(SUPPLIED MATERIAL Opens)
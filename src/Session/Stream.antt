-- ===== src/Session/Stream.antt =====
-- remoting/inc/asioSession.hpp: many frames in one connection, from one end to the other.
use kiteq_client_cpp.Base.{
  ℕ, zero, suc, ◌+◌, ◌*◌, ◌%◌, ◌^◌, ◌≤◌, ◌<◌, ◌≡◌, refl, ap, ◌∙◌, Bool, true, List, [], ◌∷◌, ◌++◌,
  Option, none, some, length, drop, arith, drop-length, append-nil, map, All,
}
use kiteq_client_cpp.Base.Word.{int_to_size, slt32}
use kiteq_client_cpp.ByteBuf.{Platform, ByteBuf}
use kiteq_client_cpp.ByteBuf.Fields.{int_bytes}
use kiteq_client_cpp.ByteBuf.Long.{read_long-long_bytes}
use kiteq_client_cpp.Protocol.{Codec, packet_head_len, max_packet_bytes}
use kiteq_client_cpp.KitePacket.{Header, KitePacket, Outcome, done, new_packet, ◌>>=◌, parse_from}
use kiteq_client_cpp.KitePacket.RoundTrip.{sent_bytes_lem}
use kiteq_client_cpp.KitePacket.Encode.{frame, head_bytes}
use kiteq_client_cpp.KitePacket.Decode.{parse_from-known}
use kiteq_client_cpp.Session.{
  Session, read_length, read_body, success, failure, Conn, ended, async_write, async_read_pkgdata,
  async_read_pkglen, after_parse, conn_step, receive_all,
}
use kiteq_client_cpp.Session.Length.{IsPlain, length_field}
use kiteq_client_cpp.Session.Frames.{
  IsReceivable, with_length, delivered, length_step-IsPlain, body_step, pkgdata_lem,
}

IsPlain-short : (n : ℕ) → n < max_packet_bytes → n % 256 < 128 → IsPlain n
IsPlain-short n h p = record { small2 = omega arith; small1 = omega arith; small0 = p }

consumed :
    (n : ℕ) (bytes : List ℕ)
    → length bytes ≡ n
    → n < max_packet_bytes
    → drop (int_to_size n) bytes ≡ []
consumed n bytes long small = drop-length (int_to_size n) bytes (ground arith)

-- What the peer sends for a list of messages, and what is to be delivered for it into a packet whose
-- own buffer is `buff`.
abbrev pub frames : {M : Type 0} → Codec M → List (Header × M) → List ℕ
frames codec [] = []
frames codec ((h, m) ∷ ms) = frame h (codec.serialize m) ++ frames codec ms

abbrev pub packets : {M : Type 0} → ByteBuf → List (Header × M) → List (KitePacket M)
packets buff = map (λ hm. record { header = hm.0; message = some hm.1; buff = buff })

module _ (pf : Platform) (max_size end_code : ℕ) {M : Type 0} (codec : Codec M) where
  pub length_read :
      (fuel : ℕ) (s : Session M) (stream : List ℕ) {c : Conn M}
      → conn_step pf max_size end_code codec s read_length stream ≡ c
      → receive_all pf max_size end_code codec (suc fuel) s read_length stream
        ≡ receive_all pf max_size end_code codec fuel c.session c.action c.stream
  unfolding receive_all
  length_read fuel s stream e =
      ap (λ c. receive_all pf max_size end_code codec fuel c.session c.action c.stream) e

  pub body_read :
      (fuel n : ℕ) (s : Session M) (stream : List ℕ) {c : Conn M}
      → conn_step pf max_size end_code codec s (read_body n) stream ≡ c
      → receive_all pf max_size end_code codec (suc fuel) s (read_body n) stream
        ≡ receive_all pf max_size end_code codec fuel c.session c.action c.stream
  unfolding receive_all
  body_read fuel n s stream e =
      ap (λ c. receive_all pf max_size end_code codec fuel c.session c.action c.stream) e

  -- A frame that `parseFrom` has answered with `r` takes two steps, and leaves `after_parse`.
  pub frame_steps :
      (fuel : ℕ) (s : Session M) (n : ℕ) (bytes rest : List ℕ) (r : Outcome (Bool × KitePacket M))
      → length bytes ≡ n
      → s.read_buffer ≡ []
      → n < max_packet_bytes
      → n % 256 < 128
      → n ≤ max_size
      → parse_from pf codec s.pkg bytes n ≡ r
      → receive_all pf max_size end_code codec
          (suc (suc fuel))
          s
          read_length
          (int_bytes n ++ bytes ++ rest)
        ≡ (let next =
              after_parse
                (record { read_buffer = bytes; pkglen = length_field n; pkg = s.pkg })
                n
                n
                r in
            receive_all pf max_size end_code codec fuel next.0 next.1 rest)
  frame_steps fuel s n bytes rest r long empty_buffer small plain room parsed =
      let p = IsPlain-short n small plain in
      let first =
        length_step-IsPlain pf max_size end_code codec s n (bytes ++ rest) (omega arith) p
          (rw empty_buffer (omega arith)) in
      let second = body_step pf max_size end_code codec (with_length s n) bytes rest in
      let handled : async_read_pkgdata pf codec (with_length s n) success bytes
          ≡ after_parse (record { read_buffer = bytes; pkglen = length_field n; pkg = s.pkg }) n n
              r =
        rw long at
          (pkgdata_lem pf max_size end_code codec s n bytes r empty_buffer small p parsed) in
      length_read (suc fuel) s _ first
      ∙ body_read fuel n (with_length s n) (bytes ++ rest) (
          (rw long at second)
          ∙ ap (λ q. record { session = q.0; action = q.1; stream = rest }) handled)

  -- What the peer wrote for a receivable message is delivered as that message; the session is then
  -- ready for the next frame.
  frame-delivered :
      (fuel : ℕ) (s : Session M) (h : Header) (m : M) (rest : List ℕ)
      → IsReceivable codec h m
      → s.read_buffer ≡ []
      → ((k : ℕ) → pf.oversize_shift 0 k ≡ 0)
      → max_packet_bytes ≤ max_size
      → let pkg : KitePacket M = record s.pkg { header = h; message = some m } in
        let n = packet_head_len + length (codec.serialize m) in
        let later =
          receive_all pf max_size end_code codec fuel (delivered n pkg) read_length rest in
        receive_all pf max_size end_code codec
          (suc (suc (suc fuel)))
          s
          read_length
          (frame h (codec.serialize m) ++ rest)
        ≡ (pkg ∷ later.0, later.1)
  unfolding after_parse receive_all
  frame-delivered fuel s h m rest v empty_buffer zero_shift room =
      let body = codec.serialize m in
      let n = packet_head_len + length body in
      let bytes : List ℕ = head_bytes h (length body) ++ body in
      let parsed =
        parse_from-known pf codec s.pkg h h.extension (codec.kind m) body [] v.sendable.is_header
          v.sendable.short (read_long-long_bytes pf h.extension _ zero_shift v.narrow)
          v.sendable.same_kind in
      let parsed' =
        rw (append-nil body) at (rw (codec.parse-serialize m v.sendable.whole) at parsed) in
      frame_steps (suc fuel) s n bytes rest _ (omega arith) empty_buffer v.within v.plain
        (omega (arith, v.within)) parsed'
      ∙ ap
          (λ b.
            let later =
              receive_all pf max_size end_code codec fuel
                (record {
                  read_buffer = b;
                  pkglen = length_field n;
                  pkg = record s.pkg { header = h; message = some m };
                })
                read_length rest in
            (record s.pkg { header = h; message = some m } ∷ later.0, later.1))
          (consumed n bytes (omega arith) v.within)

  nothing_left :
      (fuel : ℕ) (s : Session M)
      → receive_all pf max_size end_code codec (suc (suc fuel)) s read_length []
        ≡ ([], ended (failure end_code))
  unfolding receive_all async_read_pkglen
  nothing_left fuel s = refl

  -- A connection on which only receivable messages come delivers each of them, once and in order,
  -- and then reports the end of the stream to the handler. Three steps for each frame and two for
  -- the end are enough.
  pub receive_all-frames :
      (ms : List (Header × M)) (fuel : ℕ) (s : Session M)
      → All (λ hm. IsReceivable codec hm.0 hm.1) ms
      → 3 * length ms + 2 ≤ fuel
      → s.read_buffer ≡ []
      → ((k : ℕ) → pf.oversize_shift 0 k ≡ 0)
      → max_packet_bytes ≤ max_size
      → receive_all pf max_size end_code codec fuel s read_length (frames codec ms)
        ≡ (packets s.pkg.buff ms, ended (failure end_code))
  receive_all-frames [] zero s v enough e z room = absurd (omega arith)
  receive_all-frames [] (suc zero) s v enough e z room = absurd (omega arith)
  receive_all-frames [] (suc (suc fuel)) s v enough e z room = nothing_left fuel s
  receive_all-frames ((h, m) ∷ ms) zero s v enough e z room = absurd (omega arith)
  receive_all-frames ((h, m) ∷ ms) (suc zero) s v enough e z room = absurd (omega arith)
  receive_all-frames ((h, m) ∷ ms) (suc (suc zero)) s v enough e z room = absurd (omega arith)
  receive_all-frames ((h, m) ∷ ms) (suc (suc (suc fuel))) s v enough e z room =
      let pkg : KitePacket M = record s.pkg { header = h; message = some m } in
      let next = delivered (packet_head_len + length (codec.serialize m)) pkg in
      frame-delivered fuel s h m (frames codec ms) v.0 e z room
      ∙ ap (λ r. (pkg ∷ r.0, r.1)) (receive_all-frames ms fuel next v.1 (omega arith) refl z room)

-- The bytes that one end sends for a list of messages, each in a packet of its own.
abbrev given : Option (List ℕ) → List ℕ
given none = []
given (some bytes) = bytes

unfoldable pub send_all :
    {M : Type 0} → Platform → Codec M → ℕ → List (Header × M) → Outcome (List ℕ)
send_all pf codec fuel [] = done []
send_all pf codec fuel ((h, m) ∷ ms) =
    let rest = send_all pf codec fuel ms in
    async_write pf codec fuel (new_packet h m) >>= λ r. rest >>= λ bytes. done (given r.0 ++ bytes)

pub async_write_lem :
    {M : Type 0} (pf : Platform) (codec : Codec M) (fuel : ℕ) (h : Header) (m : M)
    → length (codec.serialize m) + 24 < 2 ^ 31
    → (p : KitePacket M) × (async_write pf codec (suc fuel) (new_packet h m)
        ≡ done (some (frame h (codec.serialize m)), p))
unfolding async_write
async_write_lem pf codec fuel h m short =
    let (r, e, sent, num) = sent_bytes_lem pf codec fuel h m short in
    let positive : slt32 0 r.0 ≡ true = rw num (ground arith) in (r.1, rw e (rw (positive, sent)))

send_all-frames :
    {M : Type 0} (pf : Platform) (codec : Codec M) (fuel : ℕ) (ms : List (Header × M))
    → All (λ hm. IsReceivable codec hm.0 hm.1) ms
    → send_all pf codec (suc fuel) ms ≡ done (frames codec ms)
unfolding send_all
send_all-frames pf codec fuel [] v = refl
send_all-frames pf codec fuel ((h, m) ∷ ms) v =
    let (p, e) = async_write_lem pf codec fuel h m v.0.sendable.short in
    rw (e, send_all-frames pf codec fuel ms v.1)

-- From one end to the other: what `async_write` sends for a list of messages is received as
-- those messages, once each and in order, and then the end of the stream is reported, if
-- `parseFrom` can give each of them and its header back, each extension is below 2^32, each
-- frame is below the maximal size and no byte of its length field has its sign bit set, the
-- receiving session's buffer is empty, an oversized shift of 0 gives 0, and the stream buffer
-- may hold a packet of the maximal size. One round of the sender's loop for each packet is
-- enough, and three steps of the receiver for each and two for the end.
pub receive_all-send_all :
    {M : Type 0} (pf : Platform) (max_size end_code : ℕ) (codec : Codec M) (ms : List (Header × M))
    (s : Session M)
    → All (λ hm. IsReceivable codec hm.0 hm.1) ms
    → s.read_buffer ≡ []
    → ((k : ℕ) → pf.oversize_shift 0 k ≡ 0)
    → max_packet_bytes ≤ max_size
    → (stream : List ℕ) × (send_all pf codec 1 ms ≡ done stream)
      × (receive_all pf max_size end_code codec (3 * length ms + 2) s read_length stream
          ≡ (packets s.pkg.buff ms, ended (failure end_code)))
receive_all-send_all pf max_size end_code codec ms s v e z room = (
  frames codec ms,
  send_all-frames pf codec 0 ms v,
  receive_all-frames pf max_size end_code codec ms (3 * length ms + 2) s v (omega arith) e z room,
)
(SUPPLIED MATERIAL Closes)
### TASK TO CARRY OUT
Each line above that has the word "Outcome" should be copied.

### COMPLETED EXERCISE
use kiteq_client_cpp.KitePacket.{Header, KitePacket, Outcome, done, new_packet, ◌>>=◌, parse_from}
      (fuel : ℕ) (s : Session M) (n : ℕ) (bytes rest : List ℕ) (r : Outcome (Bool × KitePacket M))
    {M : Type 0} → Platform → Codec M → ℕ → List (Header × M) → Outcome (List ℕ)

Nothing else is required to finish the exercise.